Negli scorsi giorni, il Presidente del Consiglio Nazionale dei Geologi, Gian Vito Graziano, si è espresso per ribadire il sostegno dell'ordine alla geotermia e, in particolare, alla geotermia a bassa entalpia a pompa di calore, la tecnologia a più alta efficienza tra le rinnovabili. Questo settore è, infatti, tra i più frequentati in Europa (soprattutto nel comparto residenziale) e sarebbe auspicabile che lo divenisse anche in Italia. 

La geotermia a bassa entalpia a pompa di calore è tra le rinnovabili più frequentate in Europa nel comparto residenziale

(La geotermia a bassa entalpia a pompa di calore è tra le rinnovabili più frequentate in Europa nel comparto residenziale)
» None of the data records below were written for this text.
-- ===== src/Stream/Fanout/Balance.antt =====
-- The reference count of every packet is the number of places that hold it.
use mathlib.Core.Path.{subst}
use cam_server.Base.{
  ℕ, ◌+◌, ◌%◌, ◌<◌, ◌≡◌, ◌⊎◌, refl, sym, Bool, true, false, some, [], ◌∷◌, String, ltb, length,
  Bool-cases, inl, inr, GoMap, lookup, delete, Distinct, delete_absent, arith, eq_iff,
  if◌then◌else◌,
}
use cam_server.Stream.Fanout.{
  LiveStream, ingest_buf_size, ingest_packet, remove_subscriber, close_all, close,
}
use cam_server.Stream.Fanout.Pumped.{Pumped}
use cam_server.Stream.Pool.{Pool, modulus, acquire, count, one}
use cam_server.Subscriber.Defs
use cam_server.Subscriber.Defs.{Subscriber, live, buffered, held, bump, gop_cache_max}
use cam_server.Subscriber.References.{count-append, count-single, drains, close-drains}

-- How often the subscribers hold a packet.
abbrev pub held_by : ℕ → GoMap Subscriber → ℕ
held_by q [] = 0
held_by q ((id, sub) ∷ subs) = count q (held sub) + held_by q subs

-- How often the stream holds a packet: in the buffer of its pump, and in its subscribers.
abbrev pub holders : ℕ → LiveStream → ℕ
holders q s = count q s.ingest + held_by q s.subs

-- Every count is the number of holders, modulo 2^32; `extra` references are held elsewhere.
abbrev pub IsBalanced : (ℕ → ℕ) → LiveStream → Pool → Type 0
IsBalanced extra s pool = (q : ℕ) → pool.refs q % modulus ≡ (holders q s + extra q) % modulus

-- Whether `Ingest` takes a packet.
abbrev pub accepts : LiveStream → Bool
accepts s = if s.closed then false else ltb (length s.ingest) ingest_buf_size

-- A packet that comes from the pool, which nothing holds, and is given to `Ingest`: the counts stay
-- right if the stream takes it; otherwise it has one reference that no one holds.
ingest_packet-IsBalanced :
    (p : ℕ) (s : LiveStream) (pool : Pool)
    → IsBalanced (λ q. 0) s pool
    → holders p s ≡ 0
    → let r = ingest_packet p s (acquire p pool) in
      IsBalanced (λ q. if accepts s then 0 else one q p) r.0 r.1
unfolding ingest_packet acquire
ingest_packet-IsBalanced p s pool h unheld q =
    ground (arith, h q, count-append q s.ingest (p ∷ []), count-single q p)

held_by-delete :
    (q : ℕ) (id : String) (sub : Subscriber) (subs : GoMap Subscriber)
    → Distinct subs
    → lookup id subs ≡ some sub
    → held_by q (delete id subs) + count q (held sub) ≡ held_by q subs
unfolding lookup delete
held_by-delete q id sub [] d h = cc
held_by-delete q id sub ((j, x) ∷ subs) d h =
    ground (arith, eq_iff j id, delete_absent j subs, held_by-delete q id sub subs d.1)

-- `RemoveSubscriber` of a subscriber that is there and drains keeps the counts right, if no two
-- subscribers have one identifier.
pub remove_subscriber-IsBalanced :
    (extra : ℕ → ℕ) (id : String) (sub : Subscriber) (s : LiveStream) (pool : Pool)
    → Distinct s.subs
    → lookup id s.subs ≡ some sub
    → drains sub ≡ true
    → IsBalanced extra s pool
    → IsBalanced extra (remove_subscriber id s pool).0 (remove_subscriber id s pool).1
unfolding remove_subscriber
remove_subscriber-IsBalanced extra id sub s pool d found dr h q =
    rw (found, remove_subscriber)
      (omega (arith, h q, held_by-delete q id sub s.subs d found, close-drains sub pool q dr))

abbrev pub AllDrain : GoMap Subscriber → Type 0
AllDrain [] = Unit
AllDrain ((id, sub) ∷ subs) = (drains sub ≡ true) × AllDrain subs

close_all-refs :
    (subs : GoMap Subscriber) (pool : Pool) (q : ℕ)
    → AllDrain subs
    → ((close_all subs pool).refs q + held_by q subs) % modulus ≡ pool.refs q % modulus
unfolding close_all
close_all-refs [] pool q all = omega arith
close_all-refs ((id, sub) ∷ subs) pool q (dr, all) =
    omega (arith, close-drains sub pool q dr, close_all-refs subs (Defs.close sub pool).1 q all)

-- What `Close` does: nothing to a closed stream; an open one is then closed, has no subscribers and
-- has given up exactly the references that they held, and what waits for the pump waits on.
abbrev pub Closed : LiveStream → Pool → LiveStream → Pool → Type 0
Closed s pool s' pool' =
    ((s.closed ≡ true) × (s' ≡ s) × (pool' ≡ pool))
    ⊎ ((s.closed ≡ false)
        × (s'.closed ≡ true)
        × (s'.subs ≡ [])
        × (s'.ingest ≡ s.ingest)
        × ((q : ℕ) → (pool'.refs q + held_by q s.subs) % modulus ≡ pool.refs q % modulus))

close-Closed :
    (s : LiveStream) (pool : Pool)
    → AllDrain s.subs
    → Closed s pool (close s pool).0 (close s pool).1
unfolding close
close-Closed s pool all = elim (Bool-cases s.closed) [
  | inl e ↦
      let same : close s pool ≡ (s, pool) = ground (arith, e) in
      subst (λ r. Closed s pool r.0 r.1) (sym same) (inl (e, refl, refl))
  | inr e ↦
      let same : close s pool ≡ (record s { closed = true; subs = [] }, close_all s.subs pool) =
        ground (arith, e) in
      subst (λ r. Closed s pool r.0 r.1) (sym same)
        (inr (e, refl, refl, refl, λ q. close_all-refs s.subs pool q all))
]

-- `Close` of an open stream whose subscribers all drain closes it, leaves no subscriber, and gives up
-- exactly the references of the subscribers; the packets that still wait for the pump stay, with their
-- references. `Close` of a closed stream does nothing. Where every count was the number of
-- holders, modulo 2^32, so it is then.
pub close-IsBalanced :
    (extra : ℕ → ℕ) (s : LiveStream) (pool : Pool)
    → AllDrain s.subs
    → IsBalanced extra s pool
    → Closed s pool (close s pool).0 (close s pool).1
      × IsBalanced extra (close s pool).0 (close s pool).1
unfolding close
close-IsBalanced extra s pool all h =
    (close-Closed s pool all, λ q. ground (arith, h q, close_all-refs s.subs pool q all))

-- Where the counts are right and nothing else holds the packet, its count is 0 only if the stream
-- does not hold it, as long as there are fewer than 2^32 holders.
pub unheld_of_zero :
    (s : LiveStream) (pool : Pool) (p : ℕ)
    → IsBalanced (λ q. 0) s pool
    → holders p s < modulus
    → pool.refs p ≡ 0
    → holders p s ≡ 0
unheld_of_zero s pool p h few zero_refs = omega (arith, h p)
La geotermia è, infatti, una risorsa importante per il nostro paese, almeno dall'inizio del secolo scorso, quando, il 20 agosto 1913, lungo la strada tra Grosseto e Volterra, nacque la prima centrale in grado di sfruttare il calore terrestre; 31 anni più tardi, nel 1944, la centrale raggiungeva i 127 MW di potenza. Oggi, la geotermia è fra le fonti rinnovabili più diffuse in Italia (seconda solo al settore idroelettrico).

 

Una vecchia immagine dei lavori al primo impianto geotermico al mondo, costruito all'inizio del '900 in Italia

(Una vecchia immagine dei lavori al primo impianto geotermico al mondo, costruito all'inizio del '900 in Italia)

Nel comparto residenziale, la geotermia può trovare applicazione nelle cosiddette pompe di calore geotermico o impianto geotermico a bassa entalpia (una funzione di stato, espressa in joule o calorie, data dalla somma tra l'energia interna e il prodotto della pressione per il volume). Si tratta, in sostanza, di sistemi di climatizzazione degli edifici, basati sullo sfruttamento dello scambio termico con il sottosuolo superficiale, per mezzo, appunto, di pompe di calore

Vediamo, quindi, come funzionano: sfruttando semplicemente il terreno o l'acqua che vi si trova come fonte di calore e come suo dispersore. Questo è reso possibile dall'acqua o da un liquido antigelo, che trasporta l'energia geotermica attraverso un sistema di tubazioni aperto o chiuso (posto in verticale in caso di spazi ristretti). I tubi possono essere in rame, polietiliene e polibutilene (di serie 100) e devono essere saldati termicamente, così da garantire una durata tra i 25 e i 75 anni. Il contatto col terreno assicura, inoltre, una buona conduzione termica.

Nel caso, dunque, si opti per un sistema di tubazioni aperto, l'acqua, estratta da una falda sotterranea, è portata nello scambiatore di calore e, da ultimo, scaricata in un corso d'acqua, un bacino o la stessa falda; nel secondo, una tubazione continua sotterranea (dotata di liquido antigelo pressurizzato) intercetta il calore dal terreno.

Questo tipo di pompe può funzionare in raffreddamento anche in modalità passiva, estraendo calore dall'edificio e pompando nel sistema l'acqua fredda o il liquido antigelo (senza, dunque, che la pompa intervenga direttamente).

 

In una pompa di calore geotermico con sistema di tubazioni aperto, l'acqua è, da ultimo, scaricata in un corso d'acqua

(In una pompa di calore geotermico con sistema di tubazioni aperto, l'acqua è, da ultimo, scaricata in un corso d'acqua)

In questo sistema, il suolo rappresenta, quindi, tanto una "sorgente" quanto un "pozzo" di calore. Nel primo caso, la pompa sta lavorando in modalità riscaldamento; nella seconda, invece, provvede a raffreddare l'edificio. Queste attività sono, del resto, favorite dalla temperatura del suolo rispetto all'aria: più caldo d'inverno e più fresco d'estate; il che va ovviamente a vantaggio del rendimento della pompa di calore.

È bene, però, tenere presente che non è consigliabile tarare la pompa geotermica per soddisfare l'intera richiesta termica di un edificio; dimensionandola, invece, per il 60/70 % del carico e lasciando i surplus occasionali a un sistema supplementare, la pompa fornirà il 95 % dell'energia termica utilizzata in totale.